Levene test for homogeneity of variance

To test whether the groups have the same variance, we can use the Levene test. The theory behind the Levene test was discussed in Section 14.7, so I won’t discuss it again. Once again, you can use the leveneTest() function in the car package to do this. This function expects that you have a saturated model (i.e., included all of the relevant terms), because the test is primarily concerned with the within-group variance, and it doesn’t really make a lot of sense to calculate this any way other than with respect to the full model. So we try either of the following commands:

leveneTest( model.2 )
 leveneTest( mood.gain ~ drug + therapy, clin.trial )

R will spit out the following error:

Error in leveneTest.formula(formula(y), data = model.frame(y), ...) : 
  Model must be completely crossed formula only.

Instead, if you want to run the Levene test, you need to specify a saturated model. Either of the following two commands would work:²³⁷

library(car)
 leveneTest( model.3 )

## Levene's Test for Homogeneity of Variance (center = median)
##       Df F value Pr(>F)
## group  5  0.0955 0.9912
##       12

 leveneTest( mood.gain ~ drug * therapy, clin.trial )

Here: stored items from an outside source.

-- ===== src/Proc.antt =====
-- kernel/proc.c and kernel/proc.h: the process table. A pointer into `proc[NPROC]` is an index, a null
-- `struct proc *` is `none`, and any other null pointer is 0. `chan` is the address slept on.
-- What lies between acquiring and releasing a lock is one step, by `Spinlock.Exclusion`.
pub mod Fair
pub mod Life
pub mod Wake
mod Tests
use xv6_riscv_private.Common.{ℕ, Bool, true, false, Option, List, ℤ, ◌+◌, ◌==◌, Outcome}

-- `enum procstate`
pub data ProcState : Type 0 where
  unused used sleeping runnable running zombie : ProcState

-- `struct proc`, less its lock
pub record Proc : Type 0 where
  pub state : ProcState
  pub chan : ℕ
  pub killed : Bool
  pub xstate : ℤ
  pub pid : ℕ
  pub parent : Option ℕ
  pub kstack : ℕ
  pub sz : ℕ
  pub pagetable : ℕ
  pub trapframe : ℕ
  pub context_ra : ℕ
  pub context_sp : ℕ
  pub ofile : List ℕ
  pub cwd : ℕ
  pub name : List ℕ
  pub exit_msg : List ℕ
  pub accumulator : ℤ
  pub ps_priority : ℤ
  pub cfs_priority : ℕ
  pub rtime : ℕ
  pub stime : ℕ
  pub retime : ℕ

abbrev pub Table : Type 0
Table = ℕ → Proc

abbrev pub nproc : ℕ
nproc = 64

abbrev pub is_unused : ProcState → Bool
is_unused unused = true
is_unused _ = false

abbrev pub is_sleeping : ProcState → Bool
is_sleeping sleeping = true
is_sleeping _ = false

abbrev pub is_runnable : ProcState → Bool
is_runnable runnable = true
is_runnable _ = false

abbrev pub is_zombie : ProcState → Bool
is_zombie zombie = true
is_zombie _ = false

-- `p->state == RUNNABLE || p->state == RUNNING`
abbrev pub is_active : ProcState → Bool
is_active runnable = true
is_active running = true
is_active _ = false

-- `p == q` for pointers that may be null
abbrev pub is_proc : Option ℕ → ℕ → Bool
is_proc Option.none i = false
is_proc (Option.some j) i = j == i
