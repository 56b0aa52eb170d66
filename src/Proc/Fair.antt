-- ===== src/Proc/Fair.antt =====
-- The scheduling functions of kernel/proc.c: accumulators, virtual run time, the three schedulers, and
-- the tick counters. The `int` counters are natural numbers without a bound, which is what they are until they have counted 2 ^ 31 ticks. A division by zero is undefined in
-- C: the model returns `none` there.
pub mod Accumulator
pub mod Vruntime
use xv6_riscv_private.Common.{
  ℕ, zero, suc, ◌+◌, ◌*◌, ◌/◌, Bool, true, false, ◌&&◌, ◌||◌, Option, none, some, ltb, leb, ◌==◌,
  if◌then◌else◌, update, ℤ, pos, negsuc, ltb_ℤ, eqb_ℤ, to_int, for_each,
}
use xv6_riscv_private.Proc.{
  ProcState, sleeping, runnable, running, Proc, Table, nproc, is_active, is_runnable,
}

-- the loop of `getMinAccumulator`, with `n` processes left from index `i` on
unfoldable pub min_accumulator_loop : ℕ → ℕ → ℤ → Table → ℤ
min_accumulator_loop zero i min t = min
min_accumulator_loop (suc n) i min t =
    min_accumulator_loop n (i + 1)
      (if is_active (t i).state && (eqb_ℤ min (pos 0) || ltb_ℤ (t i).accumulator min)
        then to_int (t i).accumulator
        else min)
      t

unfoldable pub get_min_accumulator : Table → ℤ
get_min_accumulator t = min_accumulator_loop nproc 0 (pos 0) t

-- `75 ? p->cfs_priority == 0 : ...` is the value of the comparison, since 75 is not 0.
unfoldable pub decay : Proc → ℕ
decay p = if p.cfs_priority == 0 then 1 else 0

unfoldable pub vruntime : Proc → Option ℕ
unfolding decay
vruntime p =
    let total = p.rtime + p.stime + p.retime in
    if total == 0 then none else some (decay p * p.rtime / total)

-- `if (min == 0 || vruntime < min) min = vruntime;`
abbrev pub lower : ℕ → ℕ → ℕ
lower min v = if min == 0 || ltb v min then v else min

abbrev pub lower? : ℕ → Option ℕ → Option ℕ
lower? min none = none
lower? min (some v) = some (lower min v)

abbrev pub bind_ℕ : Option ℕ → (ℕ → Option ℕ) → Option ℕ
bind_ℕ none f = none
bind_ℕ (some v) f = f v

unfoldable pub min_vruntime_loop : ℕ → ℕ → ℕ → Table → Option ℕ
min_vruntime_loop zero i min t = some min
min_vruntime_loop (suc n) i min t =
    bind_ℕ (if is_active (t i).state then lower? min (vruntime (t i)) else some min)
      (λ m. min_vruntime_loop n (i + 1) m t)

unfoldable pub get_min_vruntime : Table → Option ℕ
get_min_vruntime t = min_vruntime_loop nproc 0 0 t

-- `p->state = RUNNING; c->proc = p; swtch(...)`: what the CPU runs next
abbrev pub dispatch : ℕ → Table → Table × Option ℕ
dispatch i t = (update t i (record (t i) { state = running }), some i)

-- The schedulers: the table and the process switched to, if any.
unfoldable pub default_scheduler : ℕ → Table → Table × Option ℕ
default_scheduler i t = if is_runnable (t i).state then dispatch i t else (t, none)

unfoldable pub priority_scheduler : ℕ → Table → Table × Option ℕ
priority_scheduler i t =
    let acc = get_min_accumulator t in
    if is_runnable (t i).state && eqb_ℤ (t i).accumulator acc then dispatch i t else (t, none)

unfoldable pub cfs_scheduler : ℕ → Table → Option (Table × Option ℕ)
cfs_scheduler i t = elim (get_min_vruntime t) [
  | none ↦ none
  | some min ↦ elim (vruntime (t i)) [
    | none ↦ none
    | some v ↦ some (if is_runnable (t i).state && v == min then dispatch i t else (t, none))
  ]
]

-- the `switch` of `update_ticks`
unfoldable pub tick : Proc → Proc
tick p = elim p.state [
  | sleeping ↦ record p { stime = p.stime + 1 }
  | runnable ↦ record p { retime = p.retime + 1 }
  | running ↦ record p { rtime = p.rtime + 1 }
  | _ ↦ p
]

unfoldable pub update_ticks : Table → Table
update_ticks t = for_each nproc 0 tick t

-- `set_ps_priority` and `set_cfs_priority` on the calling process. The second returns 0 always.
unfoldable pub set_ps_priority : ℤ → Proc → Proc
set_ps_priority priority p = record p { ps_priority = priority }

unfoldable pub set_cfs_priority : ℤ → Proc → Proc × ℤ
set_cfs_priority (pos n) p = (if leb n 2 then record p { cfs_priority = n } else p, pos 0)
set_cfs_priority (negsuc n) p = (p, pos 0)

## Levene's Test for Homogeneity of Variance (center = median)
##       Df F value Pr(>F)
## group  5  0.0955 0.9912
##       12

The fact that the Levene test is non-significant means that we can safely assume that the homogeneity of variance assumption is not violated.

Normality of residuals

As with one-way ANOVA, we can test for the normality of residuals in a straightforward fashion (see Section 14.9). First, we use the residuals() function to extract the residuals from the model itself, and then we can examine those residuals in a few different ways. It’s generally a good idea to examine them graphically, by drawing histograms (i.e., hist() function) and QQ plots (i.e., qqnorm() function. If you want a formal test for the normality of the residuals, then we can run the Shapiro-Wilk test (i.e., shapiro.test()). If we wanted to check the residuals with respect to model.2 (i.e., the model with both main effects but no interactions) then we could do the following:

resid <- residuals( model.2 )  # pull the residuals
 hist( resid )                  # draw a histogram

qqnorm( resid )                # draw a normal QQ plot

shapiro.test( resid )          # run the Shapiro-Wilk test

## 
##  Shapiro-Wilk normality test
## 
## data:  resid
## W = 0.95635, p-value = 0.5329

I haven’t included the plots (you can draw them yourself if you want to see them), but you can see from the non-significance of the Shapiro-Wilk test that normality isn’t violated here.